**Saved entries:**
↓
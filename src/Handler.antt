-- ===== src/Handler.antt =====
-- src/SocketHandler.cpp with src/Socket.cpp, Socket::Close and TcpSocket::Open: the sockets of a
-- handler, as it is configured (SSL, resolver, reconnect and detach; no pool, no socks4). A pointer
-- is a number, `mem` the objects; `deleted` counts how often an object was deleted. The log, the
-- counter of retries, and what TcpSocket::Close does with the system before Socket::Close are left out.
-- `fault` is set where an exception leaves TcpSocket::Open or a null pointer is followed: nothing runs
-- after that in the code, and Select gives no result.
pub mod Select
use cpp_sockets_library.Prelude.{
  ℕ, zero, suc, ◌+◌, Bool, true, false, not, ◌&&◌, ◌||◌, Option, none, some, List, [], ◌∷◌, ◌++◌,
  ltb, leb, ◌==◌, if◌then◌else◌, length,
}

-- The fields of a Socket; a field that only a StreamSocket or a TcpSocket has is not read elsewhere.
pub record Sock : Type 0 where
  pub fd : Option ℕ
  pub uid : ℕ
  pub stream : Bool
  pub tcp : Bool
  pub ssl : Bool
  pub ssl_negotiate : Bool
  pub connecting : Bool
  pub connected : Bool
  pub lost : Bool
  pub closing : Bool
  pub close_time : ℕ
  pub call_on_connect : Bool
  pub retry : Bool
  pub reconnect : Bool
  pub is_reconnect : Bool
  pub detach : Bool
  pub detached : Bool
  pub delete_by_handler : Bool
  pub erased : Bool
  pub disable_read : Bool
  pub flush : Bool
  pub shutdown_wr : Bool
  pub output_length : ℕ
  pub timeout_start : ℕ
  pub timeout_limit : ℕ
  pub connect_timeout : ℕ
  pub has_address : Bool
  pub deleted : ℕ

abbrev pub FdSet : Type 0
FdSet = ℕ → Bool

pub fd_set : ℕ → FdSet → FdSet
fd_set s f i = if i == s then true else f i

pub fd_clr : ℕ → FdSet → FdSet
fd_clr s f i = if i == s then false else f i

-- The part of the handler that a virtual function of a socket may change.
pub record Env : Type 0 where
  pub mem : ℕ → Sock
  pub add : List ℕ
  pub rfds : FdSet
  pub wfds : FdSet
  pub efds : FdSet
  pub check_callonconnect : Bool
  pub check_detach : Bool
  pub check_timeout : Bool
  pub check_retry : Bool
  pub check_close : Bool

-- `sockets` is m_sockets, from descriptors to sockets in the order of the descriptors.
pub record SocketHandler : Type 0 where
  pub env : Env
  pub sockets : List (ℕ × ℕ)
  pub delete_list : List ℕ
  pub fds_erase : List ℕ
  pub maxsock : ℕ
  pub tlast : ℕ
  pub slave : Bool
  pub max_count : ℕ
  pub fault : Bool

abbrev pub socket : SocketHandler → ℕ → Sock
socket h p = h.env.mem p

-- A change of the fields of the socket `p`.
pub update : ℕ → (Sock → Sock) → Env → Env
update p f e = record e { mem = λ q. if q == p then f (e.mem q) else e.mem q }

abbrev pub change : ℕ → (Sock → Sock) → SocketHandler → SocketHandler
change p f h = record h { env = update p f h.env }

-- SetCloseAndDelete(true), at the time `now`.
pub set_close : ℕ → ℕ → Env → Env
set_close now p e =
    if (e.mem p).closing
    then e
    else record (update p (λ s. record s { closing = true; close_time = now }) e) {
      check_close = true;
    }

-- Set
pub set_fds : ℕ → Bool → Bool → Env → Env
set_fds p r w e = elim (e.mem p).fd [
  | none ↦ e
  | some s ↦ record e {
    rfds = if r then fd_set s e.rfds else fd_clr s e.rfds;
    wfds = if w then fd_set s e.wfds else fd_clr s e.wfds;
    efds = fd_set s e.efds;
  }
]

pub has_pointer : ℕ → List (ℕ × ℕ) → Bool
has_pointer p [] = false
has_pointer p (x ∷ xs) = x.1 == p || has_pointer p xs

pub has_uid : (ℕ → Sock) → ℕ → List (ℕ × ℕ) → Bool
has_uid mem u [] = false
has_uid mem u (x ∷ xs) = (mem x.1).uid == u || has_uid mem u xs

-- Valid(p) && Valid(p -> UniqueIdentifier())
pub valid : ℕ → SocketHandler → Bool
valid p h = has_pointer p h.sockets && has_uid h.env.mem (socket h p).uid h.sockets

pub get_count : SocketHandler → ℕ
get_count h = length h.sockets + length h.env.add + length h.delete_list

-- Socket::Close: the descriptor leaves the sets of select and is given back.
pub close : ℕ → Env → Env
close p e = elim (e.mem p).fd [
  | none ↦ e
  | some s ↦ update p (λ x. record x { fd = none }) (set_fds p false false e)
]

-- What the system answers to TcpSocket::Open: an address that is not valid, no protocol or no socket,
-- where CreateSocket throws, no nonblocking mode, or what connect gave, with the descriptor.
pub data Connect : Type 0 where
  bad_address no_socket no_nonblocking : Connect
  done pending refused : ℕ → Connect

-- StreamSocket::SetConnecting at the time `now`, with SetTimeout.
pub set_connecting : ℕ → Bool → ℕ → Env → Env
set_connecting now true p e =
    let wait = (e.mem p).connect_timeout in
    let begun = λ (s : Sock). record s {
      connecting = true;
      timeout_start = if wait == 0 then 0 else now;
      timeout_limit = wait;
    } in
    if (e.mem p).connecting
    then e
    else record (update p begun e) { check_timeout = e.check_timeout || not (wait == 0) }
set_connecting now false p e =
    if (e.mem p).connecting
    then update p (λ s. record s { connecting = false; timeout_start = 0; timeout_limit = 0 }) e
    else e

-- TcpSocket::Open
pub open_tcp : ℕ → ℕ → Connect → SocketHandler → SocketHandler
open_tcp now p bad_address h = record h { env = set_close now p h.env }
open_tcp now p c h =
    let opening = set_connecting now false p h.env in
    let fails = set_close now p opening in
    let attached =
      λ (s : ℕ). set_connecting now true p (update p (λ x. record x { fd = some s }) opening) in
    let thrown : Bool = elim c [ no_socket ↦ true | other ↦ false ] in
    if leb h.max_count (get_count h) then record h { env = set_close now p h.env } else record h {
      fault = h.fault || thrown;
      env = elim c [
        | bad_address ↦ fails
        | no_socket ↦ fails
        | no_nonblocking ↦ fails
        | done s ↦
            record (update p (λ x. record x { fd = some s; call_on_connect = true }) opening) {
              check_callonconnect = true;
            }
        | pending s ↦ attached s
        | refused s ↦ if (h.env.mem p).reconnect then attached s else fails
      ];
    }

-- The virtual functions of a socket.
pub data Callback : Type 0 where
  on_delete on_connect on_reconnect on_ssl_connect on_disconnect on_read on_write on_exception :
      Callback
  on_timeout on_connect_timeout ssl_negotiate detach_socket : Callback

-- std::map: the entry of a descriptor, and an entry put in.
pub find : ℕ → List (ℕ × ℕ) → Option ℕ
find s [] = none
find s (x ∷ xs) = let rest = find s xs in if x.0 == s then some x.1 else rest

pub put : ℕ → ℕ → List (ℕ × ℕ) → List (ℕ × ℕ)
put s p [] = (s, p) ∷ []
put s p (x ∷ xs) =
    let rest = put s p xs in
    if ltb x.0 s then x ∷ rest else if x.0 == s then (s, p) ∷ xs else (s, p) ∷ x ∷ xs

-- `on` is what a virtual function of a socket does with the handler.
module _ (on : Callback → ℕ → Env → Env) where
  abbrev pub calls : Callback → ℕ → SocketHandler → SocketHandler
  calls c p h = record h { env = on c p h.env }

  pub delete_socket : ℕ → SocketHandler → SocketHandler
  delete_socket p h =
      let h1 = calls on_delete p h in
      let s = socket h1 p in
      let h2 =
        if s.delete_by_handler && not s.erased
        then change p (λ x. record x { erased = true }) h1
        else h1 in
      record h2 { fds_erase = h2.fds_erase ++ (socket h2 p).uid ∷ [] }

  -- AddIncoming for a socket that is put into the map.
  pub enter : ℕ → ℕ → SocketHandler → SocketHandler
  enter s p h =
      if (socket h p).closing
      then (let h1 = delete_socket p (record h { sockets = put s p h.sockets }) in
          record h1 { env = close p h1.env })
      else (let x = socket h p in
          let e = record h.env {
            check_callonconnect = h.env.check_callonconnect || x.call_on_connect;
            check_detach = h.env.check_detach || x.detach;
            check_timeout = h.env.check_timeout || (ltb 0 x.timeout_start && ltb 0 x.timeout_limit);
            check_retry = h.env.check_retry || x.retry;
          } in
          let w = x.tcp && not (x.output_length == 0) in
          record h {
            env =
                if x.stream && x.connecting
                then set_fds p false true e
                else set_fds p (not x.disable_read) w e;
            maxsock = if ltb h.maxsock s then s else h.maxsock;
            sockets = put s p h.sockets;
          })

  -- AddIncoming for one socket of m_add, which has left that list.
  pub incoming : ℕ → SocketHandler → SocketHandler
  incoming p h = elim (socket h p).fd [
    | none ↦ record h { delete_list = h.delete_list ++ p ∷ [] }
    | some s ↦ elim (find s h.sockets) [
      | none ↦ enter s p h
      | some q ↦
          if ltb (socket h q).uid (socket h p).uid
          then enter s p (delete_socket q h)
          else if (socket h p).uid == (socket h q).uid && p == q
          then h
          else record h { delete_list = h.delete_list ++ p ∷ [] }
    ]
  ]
↑
↓
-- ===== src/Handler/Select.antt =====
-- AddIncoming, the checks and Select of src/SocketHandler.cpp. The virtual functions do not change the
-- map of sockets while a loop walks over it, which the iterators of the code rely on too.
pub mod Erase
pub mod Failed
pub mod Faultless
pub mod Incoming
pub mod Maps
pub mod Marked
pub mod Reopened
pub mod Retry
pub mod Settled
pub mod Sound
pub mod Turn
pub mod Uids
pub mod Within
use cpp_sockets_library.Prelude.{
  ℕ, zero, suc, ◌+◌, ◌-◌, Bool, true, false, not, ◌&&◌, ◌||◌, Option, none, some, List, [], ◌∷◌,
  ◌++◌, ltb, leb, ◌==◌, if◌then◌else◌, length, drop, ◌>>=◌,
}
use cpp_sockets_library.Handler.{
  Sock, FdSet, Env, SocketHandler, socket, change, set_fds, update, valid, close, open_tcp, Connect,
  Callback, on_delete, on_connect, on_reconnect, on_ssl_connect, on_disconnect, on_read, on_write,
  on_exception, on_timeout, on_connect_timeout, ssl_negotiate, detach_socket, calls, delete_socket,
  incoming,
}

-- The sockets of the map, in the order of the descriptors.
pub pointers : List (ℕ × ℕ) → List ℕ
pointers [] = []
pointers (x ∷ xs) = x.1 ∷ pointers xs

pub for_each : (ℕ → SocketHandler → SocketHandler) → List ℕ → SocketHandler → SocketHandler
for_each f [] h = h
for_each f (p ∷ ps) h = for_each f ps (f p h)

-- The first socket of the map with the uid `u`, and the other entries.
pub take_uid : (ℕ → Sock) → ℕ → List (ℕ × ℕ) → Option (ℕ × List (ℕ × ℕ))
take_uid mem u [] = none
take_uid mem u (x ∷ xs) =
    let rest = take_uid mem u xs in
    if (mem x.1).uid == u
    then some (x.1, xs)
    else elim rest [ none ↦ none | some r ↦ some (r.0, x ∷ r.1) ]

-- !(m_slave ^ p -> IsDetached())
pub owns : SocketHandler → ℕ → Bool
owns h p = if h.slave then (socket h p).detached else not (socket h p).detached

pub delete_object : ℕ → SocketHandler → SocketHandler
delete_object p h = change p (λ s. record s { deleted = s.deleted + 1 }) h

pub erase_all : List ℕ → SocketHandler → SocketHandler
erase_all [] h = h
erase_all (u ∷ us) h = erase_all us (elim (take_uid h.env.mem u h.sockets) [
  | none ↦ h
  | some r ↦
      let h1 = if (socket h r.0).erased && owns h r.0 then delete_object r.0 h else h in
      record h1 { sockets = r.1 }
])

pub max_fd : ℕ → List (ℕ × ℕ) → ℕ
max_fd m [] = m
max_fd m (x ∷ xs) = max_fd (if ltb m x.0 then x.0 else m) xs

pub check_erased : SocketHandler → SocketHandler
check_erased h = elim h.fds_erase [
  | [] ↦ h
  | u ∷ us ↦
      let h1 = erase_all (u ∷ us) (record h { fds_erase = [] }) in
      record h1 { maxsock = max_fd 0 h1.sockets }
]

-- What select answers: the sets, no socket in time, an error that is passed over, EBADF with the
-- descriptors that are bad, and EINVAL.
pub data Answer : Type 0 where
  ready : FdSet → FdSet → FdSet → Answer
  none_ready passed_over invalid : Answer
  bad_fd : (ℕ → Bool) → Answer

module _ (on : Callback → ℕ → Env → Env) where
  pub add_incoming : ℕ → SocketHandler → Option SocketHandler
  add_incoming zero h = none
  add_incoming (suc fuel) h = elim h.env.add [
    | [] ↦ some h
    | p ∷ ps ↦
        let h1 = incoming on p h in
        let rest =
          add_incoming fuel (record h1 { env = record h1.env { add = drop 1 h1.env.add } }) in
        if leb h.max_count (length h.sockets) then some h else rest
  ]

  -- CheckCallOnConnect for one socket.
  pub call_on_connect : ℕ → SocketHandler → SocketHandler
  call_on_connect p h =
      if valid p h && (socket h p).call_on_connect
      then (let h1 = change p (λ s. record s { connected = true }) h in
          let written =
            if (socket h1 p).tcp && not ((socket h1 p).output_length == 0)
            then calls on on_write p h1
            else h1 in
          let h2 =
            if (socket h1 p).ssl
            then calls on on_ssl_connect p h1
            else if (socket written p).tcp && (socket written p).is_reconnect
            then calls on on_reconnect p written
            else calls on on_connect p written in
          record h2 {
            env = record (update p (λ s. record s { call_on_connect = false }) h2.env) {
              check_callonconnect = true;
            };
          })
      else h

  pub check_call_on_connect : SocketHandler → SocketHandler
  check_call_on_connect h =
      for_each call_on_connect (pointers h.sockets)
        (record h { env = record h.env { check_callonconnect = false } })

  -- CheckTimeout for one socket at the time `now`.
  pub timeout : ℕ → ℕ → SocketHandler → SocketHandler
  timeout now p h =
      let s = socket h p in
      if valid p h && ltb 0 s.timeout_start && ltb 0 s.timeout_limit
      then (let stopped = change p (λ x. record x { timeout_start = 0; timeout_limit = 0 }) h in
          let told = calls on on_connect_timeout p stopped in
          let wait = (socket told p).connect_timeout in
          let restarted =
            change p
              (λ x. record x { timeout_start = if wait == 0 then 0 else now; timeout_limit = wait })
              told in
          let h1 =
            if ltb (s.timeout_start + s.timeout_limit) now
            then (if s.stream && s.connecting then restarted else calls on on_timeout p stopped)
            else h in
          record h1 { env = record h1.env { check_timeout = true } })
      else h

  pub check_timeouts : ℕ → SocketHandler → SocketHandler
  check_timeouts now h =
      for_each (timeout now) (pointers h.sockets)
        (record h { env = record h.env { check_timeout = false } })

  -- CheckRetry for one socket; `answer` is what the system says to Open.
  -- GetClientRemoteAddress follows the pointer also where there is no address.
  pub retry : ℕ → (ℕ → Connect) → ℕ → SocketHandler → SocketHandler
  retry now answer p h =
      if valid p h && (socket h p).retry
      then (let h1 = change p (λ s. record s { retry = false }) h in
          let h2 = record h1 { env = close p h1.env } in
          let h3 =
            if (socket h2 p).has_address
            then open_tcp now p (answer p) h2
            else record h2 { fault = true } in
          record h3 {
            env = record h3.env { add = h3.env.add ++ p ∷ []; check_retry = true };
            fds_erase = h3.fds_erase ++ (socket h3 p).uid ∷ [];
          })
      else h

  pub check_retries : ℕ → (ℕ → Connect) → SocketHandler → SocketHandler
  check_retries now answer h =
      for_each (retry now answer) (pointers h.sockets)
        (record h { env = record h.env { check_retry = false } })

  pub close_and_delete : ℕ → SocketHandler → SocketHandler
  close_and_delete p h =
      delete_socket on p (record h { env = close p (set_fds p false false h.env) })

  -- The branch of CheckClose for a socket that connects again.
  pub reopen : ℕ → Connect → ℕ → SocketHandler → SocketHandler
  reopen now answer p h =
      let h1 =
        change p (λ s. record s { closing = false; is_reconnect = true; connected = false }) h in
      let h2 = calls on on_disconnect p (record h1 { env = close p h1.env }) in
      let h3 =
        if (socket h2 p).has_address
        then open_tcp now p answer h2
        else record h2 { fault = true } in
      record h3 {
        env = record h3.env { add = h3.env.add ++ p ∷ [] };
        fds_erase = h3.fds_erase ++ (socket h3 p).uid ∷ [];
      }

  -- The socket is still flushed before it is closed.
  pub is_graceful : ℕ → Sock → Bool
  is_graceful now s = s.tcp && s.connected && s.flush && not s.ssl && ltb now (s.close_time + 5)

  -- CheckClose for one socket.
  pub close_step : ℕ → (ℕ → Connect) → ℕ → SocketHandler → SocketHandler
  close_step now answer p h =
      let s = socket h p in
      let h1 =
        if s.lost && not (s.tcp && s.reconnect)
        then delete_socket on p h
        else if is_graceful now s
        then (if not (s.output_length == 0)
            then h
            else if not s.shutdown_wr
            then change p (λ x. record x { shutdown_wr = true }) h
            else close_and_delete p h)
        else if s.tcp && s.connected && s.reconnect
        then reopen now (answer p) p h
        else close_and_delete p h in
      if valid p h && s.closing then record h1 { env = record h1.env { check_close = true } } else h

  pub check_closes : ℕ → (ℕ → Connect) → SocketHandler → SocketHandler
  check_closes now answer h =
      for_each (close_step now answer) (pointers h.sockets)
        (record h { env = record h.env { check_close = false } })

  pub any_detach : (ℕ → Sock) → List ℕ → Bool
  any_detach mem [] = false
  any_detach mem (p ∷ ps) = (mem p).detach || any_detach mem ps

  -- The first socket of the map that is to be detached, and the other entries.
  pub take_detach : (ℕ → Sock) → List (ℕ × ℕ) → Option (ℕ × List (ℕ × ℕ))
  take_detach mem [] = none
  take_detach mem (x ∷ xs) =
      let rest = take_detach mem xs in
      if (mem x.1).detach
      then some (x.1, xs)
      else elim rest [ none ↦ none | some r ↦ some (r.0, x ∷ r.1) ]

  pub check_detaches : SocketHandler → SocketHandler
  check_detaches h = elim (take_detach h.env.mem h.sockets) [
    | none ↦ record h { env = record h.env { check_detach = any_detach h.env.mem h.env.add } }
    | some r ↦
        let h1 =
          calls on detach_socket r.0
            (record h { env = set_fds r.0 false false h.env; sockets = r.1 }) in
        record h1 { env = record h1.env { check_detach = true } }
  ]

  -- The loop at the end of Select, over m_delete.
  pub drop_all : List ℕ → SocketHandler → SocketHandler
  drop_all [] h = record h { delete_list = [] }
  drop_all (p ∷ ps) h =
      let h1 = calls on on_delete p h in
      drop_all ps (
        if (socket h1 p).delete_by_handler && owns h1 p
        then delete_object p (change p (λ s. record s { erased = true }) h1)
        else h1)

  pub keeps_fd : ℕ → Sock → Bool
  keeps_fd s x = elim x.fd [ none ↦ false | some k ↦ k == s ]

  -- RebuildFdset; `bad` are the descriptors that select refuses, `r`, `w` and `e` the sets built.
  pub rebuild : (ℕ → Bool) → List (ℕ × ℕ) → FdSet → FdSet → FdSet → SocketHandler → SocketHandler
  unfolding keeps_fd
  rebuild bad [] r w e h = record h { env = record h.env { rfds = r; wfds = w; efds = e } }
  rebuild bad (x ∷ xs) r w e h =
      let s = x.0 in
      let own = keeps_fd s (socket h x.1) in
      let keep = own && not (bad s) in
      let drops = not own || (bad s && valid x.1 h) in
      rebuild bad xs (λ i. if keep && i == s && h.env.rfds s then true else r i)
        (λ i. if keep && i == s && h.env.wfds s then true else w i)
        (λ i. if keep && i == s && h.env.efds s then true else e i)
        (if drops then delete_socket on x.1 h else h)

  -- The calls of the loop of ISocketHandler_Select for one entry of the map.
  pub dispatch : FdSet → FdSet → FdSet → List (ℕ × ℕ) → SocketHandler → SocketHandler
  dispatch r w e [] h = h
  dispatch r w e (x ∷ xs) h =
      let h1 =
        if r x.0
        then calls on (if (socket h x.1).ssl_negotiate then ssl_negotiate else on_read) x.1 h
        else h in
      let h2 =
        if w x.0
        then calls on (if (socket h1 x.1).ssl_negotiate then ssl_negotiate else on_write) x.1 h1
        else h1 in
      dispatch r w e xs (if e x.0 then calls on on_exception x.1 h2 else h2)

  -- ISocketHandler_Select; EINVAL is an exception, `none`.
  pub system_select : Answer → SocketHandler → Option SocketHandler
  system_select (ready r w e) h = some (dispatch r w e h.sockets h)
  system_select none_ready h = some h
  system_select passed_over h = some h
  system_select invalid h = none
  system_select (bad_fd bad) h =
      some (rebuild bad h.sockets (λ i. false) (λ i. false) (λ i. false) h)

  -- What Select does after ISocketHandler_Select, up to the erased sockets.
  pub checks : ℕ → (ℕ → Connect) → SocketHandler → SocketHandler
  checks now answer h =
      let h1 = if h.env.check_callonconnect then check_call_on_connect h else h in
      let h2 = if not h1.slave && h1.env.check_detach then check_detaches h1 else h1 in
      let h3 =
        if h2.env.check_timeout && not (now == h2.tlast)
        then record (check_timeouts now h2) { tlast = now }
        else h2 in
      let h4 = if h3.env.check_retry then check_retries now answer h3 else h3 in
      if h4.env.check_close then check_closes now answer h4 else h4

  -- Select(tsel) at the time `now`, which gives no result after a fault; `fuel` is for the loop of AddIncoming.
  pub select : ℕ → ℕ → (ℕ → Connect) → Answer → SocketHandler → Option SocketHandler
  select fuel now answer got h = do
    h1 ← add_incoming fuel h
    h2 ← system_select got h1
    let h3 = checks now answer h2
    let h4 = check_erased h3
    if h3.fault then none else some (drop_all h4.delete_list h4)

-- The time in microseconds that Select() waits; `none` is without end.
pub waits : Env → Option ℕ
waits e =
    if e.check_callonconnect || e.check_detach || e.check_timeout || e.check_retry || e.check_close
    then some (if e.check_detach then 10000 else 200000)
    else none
↑
**ACTIVITY:** Look through the data above. Find each line with the string "told" and copy it.

**SOLUTION FOR THIS PROBLEM:**
          let told = calls on on_connect_timeout p stopped in
          let wait = (socket told p).connect_timeout in
              told in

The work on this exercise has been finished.